Nota: Hèlios possède des troupeaux de bœufs et de moutons dans l'île de Trinacrie (Trinakria = trois pointes en grec est le nom de la Sicile pour les Grecs anciens)

    Hèlios est le fils du Titan Hypérion et de sa sœur Théia, ou d'Euryphaessa, également sa sœur. Contrairement à Apollon, dieu du soleil, de la lumière et des arts, Hélios est la personnification du Soleil lui-même. Il est le frère de Séléné, représentant la Lune, et d'Éos qui symbolise l'Aurore.

 

L'Odyssée d'Homère

(traduction de Leconte de Lisle, 1818-1894)


Extrait du Chant 12

    Après que nous les eûmes dépassées et que nous n'entendîmes plus leur voix et leur chant, mes chers compagnons retirèrent la cire de leurs oreilles et me détachèrent ; mais, à peine avions-nous laissé l'île, que je vis de la fumée et de grands flots et que j'entendis un bruit immense. Et mes compagnons, frappés de crainte, laissèrent les avirons tomber de leurs mains. Et le courant emportait la nef, parce qu'ils n'agitaient plus les avirons. Et moi, courant çà et là, j'exhortai chacun d'eux par de douces paroles :

    " Ô amis, nous n'ignorons pas les maux. N'avons nous pas enduré un mal pire quand le Kyklôps nous tenait renfermés dans sa caverne creuse avec une violence horrible ? Mais, alors, par ma vertu, par mon intelligence et ma sagesse, nous lui avons échappé. Je ne pense pas que vous l'ayez oublié. Donc, maintenant, faites ce que je dirai ; obéissez tous. Vous, assis sur les bancs, frappez de vos avirons les flots profonds de la mer ; et toi, pilote, je t'ordonne ceci, retiens-le dans ton esprit, puisque tu tiens le gouvernail de la nef creuse. Dirige-la en dehors de cette fumée et de ce courant, et gagne cet autre écueil. Ne cesse pas d'y tendre avec vigueur, et tu détourneras notre perte"

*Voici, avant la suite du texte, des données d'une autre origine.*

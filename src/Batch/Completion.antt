-- ===== src/Batch/Completion.antt =====
-- What a batch promises: how many workers are busy, and what the results are once all are back.
use mathlib.Core.Option
use tadori.Base.{
  Option-cases, inl, inr, ap, ℕ, suc, ◌≤◌, ◌≡◌, refl, ◌∙◌, subst, false, ◌&&◌, some, List, [], ◌∷◌,
  length, get_elem?, get_elem?_lt, arith,
}
use tadori.Model.{Target, Time, ReportStatus}
use tadori.Batch.Defs.{
  DestinationStatus, PlanEntry, EntryResult, result_for_entry, unsupported_result, cancelled_result,
  classify_outcome,
}
use tadori.Batch.Entry.{
  Reporting, RunOutcome, returns, panics, ContextError, no_error, canceled, deadline_exceeded,
  diagnostic, is_complete, is_late, error_report, reported, run_target, run_entry, run_entry-some,
}
use tadori.Batch.Summary.{summarize}
use tadori.Batch.Counts.{count, is_queued, is_running, is_not_run, judged, summarize-Counts}
use tadori.Batch.Batches.{ManagedBatch, begin, complete, worker_count}
use tadori.Batch.Workers.{
  Started, Phase, waiting, taken, doomed, cleared, marked, over, World, launch, Reach, Final,
  refused, dropped, ran,
}
use tadori.Batch.Agreement.{busy, Agree, AllAgree}
use tadori.Batch.Progress.{is_waiting, Orderly}
use tadori.Batch.Orderly.{Started-same, Orderly-launch, Reach-entries, Reach-Orderly}

run_target-is_queued :
    (reporting : Reporting) (e : PlanEntry) (target : Target) (outcome : RunOutcome)
    (context : ContextError) (started now : Time)
    → is_queued (run_target reporting e target outcome context started now).state
      ≡ (is_late context && is_complete (diagnostic reporting target outcome).status)
unfolding run_target reported error_report result_for_entry
run_target-is_queued reporting e target (returns report) no_error started now = refl
run_target-is_queued reporting e target (returns report) canceled started now = refl
run_target-is_queued reporting e target (returns report) deadline_exceeded started now =
    ground arith
run_target-is_queued reporting e target (panics message t₀ t₁) no_error started now = refl
run_target-is_queued reporting e target (panics message t₀ t₁) canceled started now = refl
run_target-is_queued reporting e target (panics message t₀ t₁) deadline_exceeded started now = refl

-- A run gives a result exactly if the entry has a target, and leaves it in the queued state
-- exactly if the entry's deadline has passed and the runner's report says that it is complete.
pub run_entry-is_queued :
    (reporting : Reporting) (e : PlanEntry) (outcome : RunOutcome) (context : ContextError)
    (started now : Time)
    → Option.map (λ r. is_queued r.state) (run_entry reporting e outcome context started now)
      ≡ Option.map
          (λ target. is_late context && is_complete (diagnostic reporting target outcome).status)
          e.target
unfolding run_entry run_target reported result_for_entry
run_entry-is_queued reporting e outcome context started now = elim (Option-cases e.target) [
  | inl absent ↦ rw absent refl
  | inr (target, present) ↦
      rw present (ap some (run_target-is_queued reporting e target outcome context started now))
]

-- A run gives some verdict.
classify_outcome-is_not_run :
    (s : ReportStatus) (d : DestinationStatus) → is_not_run (classify_outcome s d) ≡ false
unfolding classify_outcome
classify_outcome-is_not_run ReportStatus.unknown d = ground arith
classify_outcome-is_not_run ReportStatus.complete d = ground arith
classify_outcome-is_not_run ReportStatus.incomplete d = refl
classify_outcome-is_not_run ReportStatus.error d = ground arith

run_target-settled :
    (reporting : Reporting) (e : PlanEntry) (target : Target) (outcome : RunOutcome)
    (context : ContextError) (started now : Time)
    → (is_running (run_target reporting e target outcome context started now).state ≡ false)
      × (is_not_run (run_target reporting e target outcome context started now).outcome ≡ false)
unfolding run_target reported result_for_entry
run_target-settled reporting e target outcome context started now =
    let report = diagnostic reporting target outcome in
    ground (arith, classify_outcome-is_not_run report.status (reporting.destination_of report))

over_lem : (p : Phase) → busy p ≡ false → is_waiting p ≡ false → p ≡ over
over_lem over b w = refl
over_lem waiting b w = absurd (ground arith)
over_lem taken b w = absurd (ground arith)
over_lem doomed b w = absurd (ground arith)
over_lem cleared b w = absurd (ground arith)
over_lem marked b w = absurd (ground arith)

launch_entries :
    (workers : ℕ) (entries : List PlanEntry) (b : ManagedBatch)
    → Started entries b
    → (launch workers b).batch.entries ≡ entries
unfolding launch begin
launch_entries workers entries b s = (Started-same entries b s).0

worker_count_bounded :
    (concurrency max_concurrency n : ℕ)
    → (worker_count concurrency max_concurrency n ≤ max_concurrency)
      × (worker_count concurrency max_concurrency n ≤ n)
unfolding worker_count
worker_count_bounded concurrency max_concurrency n = ground arith

module _ (reporting : Reporting) where
  -- Each entry has its own final result, in the order of the plan.
  abbrev pub AllFinal : List PlanEntry → List EntryResult → Type 0
  AllFinal [] [] = Unit {0}
  AllFinal (e ∷ es) (r ∷ rs) = Final reporting e r × AllFinal es rs
  AllFinal _ _ = ⊥

  Final-settled :
      (e : PlanEntry) (r : EntryResult)
      → Final reporting e r
      → (is_running r.state ≡ false) × (is_not_run r.outcome ≡ false)
  unfolding unsupported_result cancelled_result
  Final-settled e _ (refused now u) = (refl, refl)
  Final-settled e _ (dropped now u) = (refl, refl)
  Final-settled e _ (ran outcome context started now r u run) =
      let (target, same) = run_entry-some reporting e outcome context started now r run in
      subst (λ x. (is_running x.state ≡ false) × (is_not_run x.outcome ≡ false)) same
        (run_target-settled reporting e target outcome context started now)

  AllAgree-AllFinal :
      (ps : List Phase) (es : List PlanEntry) (rs : List EntryResult)
      → AllAgree reporting ps es rs
      → count busy ps ≡ 0
      → ((i : ℕ) (p : Phase) → get_elem? ps i ≡ some p → is_waiting p ≡ false)
      → AllFinal es rs
  AllAgree-AllFinal [] [] [] a b w = tt
  AllAgree-AllFinal [] [] (r ∷ rs) a b w = elim a [ ]
  AllAgree-AllFinal [] (e ∷ es) rs a b w = elim a [ ]
  AllAgree-AllFinal (p ∷ ps) [] rs a b w = elim a [ ]
  AllAgree-AllFinal (p ∷ ps) (e ∷ es) [] a b w = elim a [ ]
  AllAgree-AllFinal (p ∷ ps) (e ∷ es) (r ∷ rs) a b w = (
    subst (λ q. Agree reporting q e r) (over_lem p (ground (arith, b)) (w 0 p refl)) a.0,
    AllAgree-AllFinal ps es rs a.1 (ground (arith, b)) (λ i. w (suc i)),
  )

  count_settled :
      (es : List PlanEntry) (rs : List EntryResult)
      → AllFinal es rs
      → (count (λ r. is_running r.state) rs ≡ 0) × (count (λ r. is_not_run r.outcome) rs ≡ 0)
  count_settled [] [] a = (refl, refl)
  count_settled [] (r ∷ rs) a = elim a [ ]
  count_settled (e ∷ es) [] a = elim a [ ]
  count_settled (e ∷ es) (r ∷ rs) a = ground (arith, Final-settled e r a.0, count_settled es rs a.1)

  -- In every reachable state of a batch the busy workers are at most the manager's bound on
  -- concurrency and at most the entries of the plan, whatever concurrency the plan asks for.
  pub busy_bounded :
      (concurrency max_concurrency : ℕ) (entries : List PlanEntry) (b : ManagedBatch) (w : World)
      → Started entries b
      → Reach reporting (launch (worker_count concurrency max_concurrency (length entries)) b) w
      → (count busy w.phases ≤ max_concurrency) × (count busy w.phases ≤ length entries)
  busy_bounded concurrency max_concurrency entries b w s path =
      let n = length entries in
      let workers = worker_count concurrency max_concurrency n in
      let o =
        Reach-Orderly reporting workers (launch workers b) w
          (Orderly-launch reporting workers entries b s) path in
      let most = worker_count_bounded concurrency max_concurrency n in
      (omega (arith, o.places, most.0), omega (arith, o.places, most.1))

  AllFinal-length :
      (es : List PlanEntry) (rs : List EntryResult) → AllFinal es rs → length rs ≡ length es
  AllFinal-length [] [] a = refl
  AllFinal-length [] (r ∷ rs) a = elim a [ ]
  AllFinal-length (e ∷ es) [] a = elim a [ ]
  AllFinal-length (e ∷ es) (r ∷ rs) a = omega (arith, AllFinal-length es rs a.1)

  -- With an empty channel and every worker back at it, all the entries are over.
  back-AllFinal :
      (workers : ℕ) (w : World)
      → Orderly reporting workers w
      → w.next ≡ length w.phases
      → w.idle ≡ workers
      → AllFinal w.batch.entries w.batch.results
  back-AllFinal workers w o next idle =
      AllAgree-AllFinal w.phases w.batch.entries w.batch.results o.agree
        (omega (arith, o.places, idle))
        (λ i p h. ground (arith, o.queue i p h, get_elem?_lt w.phases i h, next))

  settled_counts :
      (es : List PlanEntry) (rs : List EntryResult)
      → AllFinal es rs
      → ((summarize rs).running ≡ 0) × (judged (summarize rs) ≡ length es)
  settled_counts es rs a =
      let c = summarize-Counts rs in
      let s = count_settled es rs a in
      (c.running ∙ s.0, omega (arith, c.outcomes, c.total, s.1, AllFinal-length es rs a))

  -- However the workers' critical sections, the callers' cancellations and the end of the caller's
  -- context are ordered, once the channel of jobs is empty and all workers are back, the completed
  -- batch has for each entry of the plan, in the plan's order, a final result of that entry
  -- (unsupported exactly if the entry is, else cancelled or what a run gave); the summary is that
  -- of the results, counts none as running, and its five outcome counters add up to the number of
  -- entries.
  pub complete-AllFinal :
      (workers : ℕ) (entries : List PlanEntry) (b : ManagedBatch) (now : Time) (w : World)
      → Started entries b
      → Reach reporting (launch workers b) w
      → w.next ≡ length w.phases
      → w.idle ≡ workers
      → AllFinal entries (complete now w.batch).results
        × ((complete now w.batch).summary ≡ summarize (complete now w.batch).results)
        × ((complete now w.batch).summary.running ≡ 0)
        × (judged (complete now w.batch).summary ≡ length entries)
  unfolding complete
  complete-AllFinal workers entries b now w s path next idle =
      let start = launch workers b in
      let o =
        Reach-Orderly reporting workers start w (Orderly-launch reporting workers entries b s)
          path in
      let e = Reach-entries reporting workers start w path ∙ launch_entries workers entries b s in
      let a = subst (λ es. AllFinal es w.batch.results) e (back-AllFinal workers w o next idle) in
      let counts = settled_counts entries w.batch.results a in (a, refl, counts.0, counts.1)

    Je parlai ainsi, et ils obéirent promptement à mes paroles ; mais je ne leur dis rien de Skyllè, cette irrémédiable tristesse, de peur qu'épouvantés, ils cessassent de remuer les avirons, pour se cacher tous ensemble dans le fond de la nef. Et alors j'oubliai les ordres cruels de Kirkè qui m'avait recommandé de ne point m'armer. Et, m'étant revêtu de mes armes splendides, et, ayant pris deux, longues lances, je montai sur la proue de la nef d'où je croyais apercevoir d'abord la rocheuse Skyllè apportant la mort à mes compagnons. Mais je ne pus la voir, mes yeux se fatiguaient à regarder de tous les côtés de la Roche noire.

    Et nous traversions ce détroit en gémissant. D'un côté était Skyllè ; et, de l'autre, la divine Kharybdis engloutissait l'horrible eau salée de la mer ; et, quand elle la revomissait, celle-ci bouillonnait comme dans un bassin sur un grand feu, et elle la lançait en l'air, et l'eau pleuvait sur les deux écueils. Et, quand elle engloutissait de nouveau l'eau salée de la mer, elle semblait bouleversée jusqu'au fond, et elle rugissait affreusement autour de la Roche ; et le sable bleu du fond apparaissait, et la pâle terreur saisit mes compagnons. Et nous regardions Kharybdis, car c'était d'elle que nous attendions notre perte ; mais, pendant ce temps, Skyllè enleva de la nef creuse six de mes plus braves compagnons. Et, comme je regardais sur la nef, je vis leurs pieds et leurs mains qui passaient dans l'air ; et ils m'appelaient dans leur désespoir.

    De même qu'un pêcheur, du haut d'un rocher, avec une longue baguette, envoie dans la mer, aux petits poissons, un appât enfermé dans la corne d'un boeuf sauvage, et jette chaque poisson qu'il a pris, palpitant, sur le rocher ; de même Skyllè emportait mes compagnons palpitants et les dévorait sur le seuil, tandis qu'ils poussaient des cris et qu'ils tendaient vers moi leurs mains. Et c'était la chose la plus lamentable de toutes celles que j'aie vues dans mes courses sur la mer.

    Après avoir fui l'horrible Kharybdis et Skyllè, nous arrivâmes à l'île irréprochable du Dieu. Et là étaient les boeufs irréprochables aux larges fronts et les gras troupeaux du Hypérionide Hèlios. Et comme j'étais encore en mer, sur la nef noire, j'entendis les mugissements des boeufs dans les étables et le bêlement des brebis ; et la parole du Divinateur aveugle, du Thébain Teirésias, me revint à l'esprit, et Kirkè aussi qui m'avait recommandé d'éviter l'île de Hèlios qui charme les hommes.